Or is she asking her son, “Do you know Newton?” The boy said, “No, I don’t know.” She said to him, “If you had paid attention to your lessons, you would have known him!!” The boy said, “Ok, do you know Ikhlod?” She said to him, “No, who is she?” He said to her, “If you had paid attention to your husband, you would have known her.” The important thing is that the boy is currently a week with his uncles and a week with his turbans.
Principal: “Why did you have to skip class? Because of that detention!” Kid: “Whatever” Principal: Why did you have to swear” Because of that one demerit!” Kid; “Doesn't matter!” Principal: “Why did you yell at a teacher and throw a chair at them? Because of that you're suspended!” Kid: “Oh well!” Principle: “Why did you have to push a kid down the stairs and kill them? Because of that you're expelled!” Kid: “Im try not to kill myself!”
Where do pedophiles go hunting .... Elementary schools
Q: How did the explorers get to school? A: They rode the Colum-bus!
I say 1 2 3 all the kids bullied me but now they're not so cool cuz I shot up the school
like if u hate going to school
teacher * take a seat class * wheelchair person * ive been in the seat*
Grandpa said no phone near the table so I said your not allowed near the school
Orphans can be let away with anything really bad at school Cause they can't be sent home for it
what did the orphans parent say when he got bad grades nothing he doen't have any
What does a cow use in school? A cowculater
Teacher: Hey Timmy (the quiet kid) what comes after x The Quiet kid: splosion Teacher: What comes after A The Quiet kid: K-47 Teacher: faints
Whats the worst place to teach an orphan. Homeschool
Little Johnny was overheard by his mother reciting his homework, “Two plus two, the son of a b*tch is four; four plus four, the son of a b*tch is eight; eight plus eight, the son of a b*tch...; “Johnny!” shouted his mother. “Stop swearing!” “But mom!” Little Johnny protested, “That’s what the teacher taught us! And she said we should recite it till we learned it!” The next day his mother went to the teacher to complain. “No, no.” said the teacher terrified. “That’s not what I taught them. They’re supposed to say: ‘Two plus two, the sum of which is four.'”

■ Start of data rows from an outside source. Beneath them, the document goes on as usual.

-- ===== src/Order/Members.antt =====
-- What the members of a list keep through a heap's push and pop and through a sort.
use gvector.Prelude.{
  ◌-◌, ◌<◌, ◌≡◌, refl, false, List, [], ◌∷◌, arith, Bool-cases, inl, inr, length, All,
}
use gvector.Order.Sort.{Ord, insert_sorted, sort, lt-false_trans, lt_asymm}
use gvector.Order.Heap.{pop}

module _ {ℓ κ} {A : Type ℓ} (P : A → Type κ) where
  pub All-pop : (xs : List A) → All P xs → All P (pop xs)
  unfolding pop
  All-pop [] h = tt
  All-pop (x ∷ []) h = tt
  All-pop (x ∷ y ∷ ys) (p, h) = (p, All-pop (y ∷ ys) h)

  module _ ⦃o : Ord A⦄ where
    pub All-insert_sorted : (a : A) (xs : List A) → P a → All P xs → All P (insert_sorted a xs)
    unfolding insert_sorted
    All-insert_sorted a [] p h = (p, tt)
    All-insert_sorted a (x ∷ xs) p (q, h) = elim (Bool-cases (o.lt a x)) [
      | inl e ↦ rw e (p, (q, h))
      | inr e ↦ rw e (q, All-insert_sorted a xs p h)
    ]

    pub All-sort : (xs : List A) → All P xs → All P (sort xs)
    unfolding sort
    All-sort [] h = tt
    All-sort (x ∷ xs) (p, h) = All-insert_sorted x (sort xs) p (All-sort xs h)

pub length-pop {ℓ} : {A : Type ℓ} (xs : List A) → length (pop xs) ≡ length xs - 1
unfolding pop
length-pop [] = refl
length-pop (x ∷ []) = refl
length-pop (x ∷ y ∷ ys) = omega (arith, length-pop (y ∷ ys))

module _ {ℓ} {A : Type ℓ} ⦃o : Ord A⦄ where
  -- The list has a first member, and it does not stand after `e`.
  abbrev pub Starts : A → List A → Type 0
  Starts e [] = ⊥
  Starts e (x ∷ xs) = o.lt e x ≡ false

  pub Starts-insert_sorted : (e a : A) (xs : List A) → Starts e xs → Starts e (insert_sorted a xs)
  unfolding insert_sorted
  Starts-insert_sorted e a [] h = absurd h
  Starts-insert_sorted e a (x ∷ xs) h = elim (Bool-cases (o.lt a x)) [
    | inl q ↦ rw q (lt-false_trans a x e (lt_asymm a x q) h)
    | inr q ↦ rw q h
  ]

  pub Starts-insert_self : (a : A) (xs : List A) → Starts a (insert_sorted a xs)
  unfolding insert_sorted
  Starts-insert_self a [] = o.lt_irrefl a
  Starts-insert_self a (x ∷ xs) = elim (Bool-cases (o.lt a x)) [
    | inl q ↦ rw q (o.lt_irrefl a)
    | inr q ↦ rw q q
  ]

  pub Starts-pop : (e : A) (xs : List A) → 1 < length xs → Starts e xs → Starts e (pop xs)
  unfolding pop
  Starts-pop e [] l h = absurd h
  Starts-pop e (x ∷ []) l h = absurd (omega arith)
  Starts-pop e (x ∷ y ∷ ys) l h = h

  pub Starts-trans : (e a : A) (xs : List A) → o.lt e a ≡ false → Starts a xs → Starts e xs
  Starts-trans e a [] p h = h
  Starts-trans e a (x ∷ xs) p h = lt-false_trans x a e h p

  pub Starts-sort : (e : A) (xs : List A) → Starts e xs → Starts e (sort xs)
  unfolding sort
  Starts-sort e [] h = h
  Starts-sort e (x ∷ xs) h =
      Starts-trans e x (insert_sorted x (sort xs)) h (Starts-insert_self x (sort xs))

Why can't people in wheelchairs pass high school? The pacer test.
Where can you find the freshest vegetables? A school for the disabled!
Why are history teachers always women? Because they like to bring up the past.
when the school lets you near children again...
So I was doing a project in my class and my teacher asked me to give an example of allusion, which is referencing something else with a word.
So I answered, “Jane 9/11ed her little sisters Jenga kit”
The principles office smells nice
why did the topless woman shout 'stop raping us'?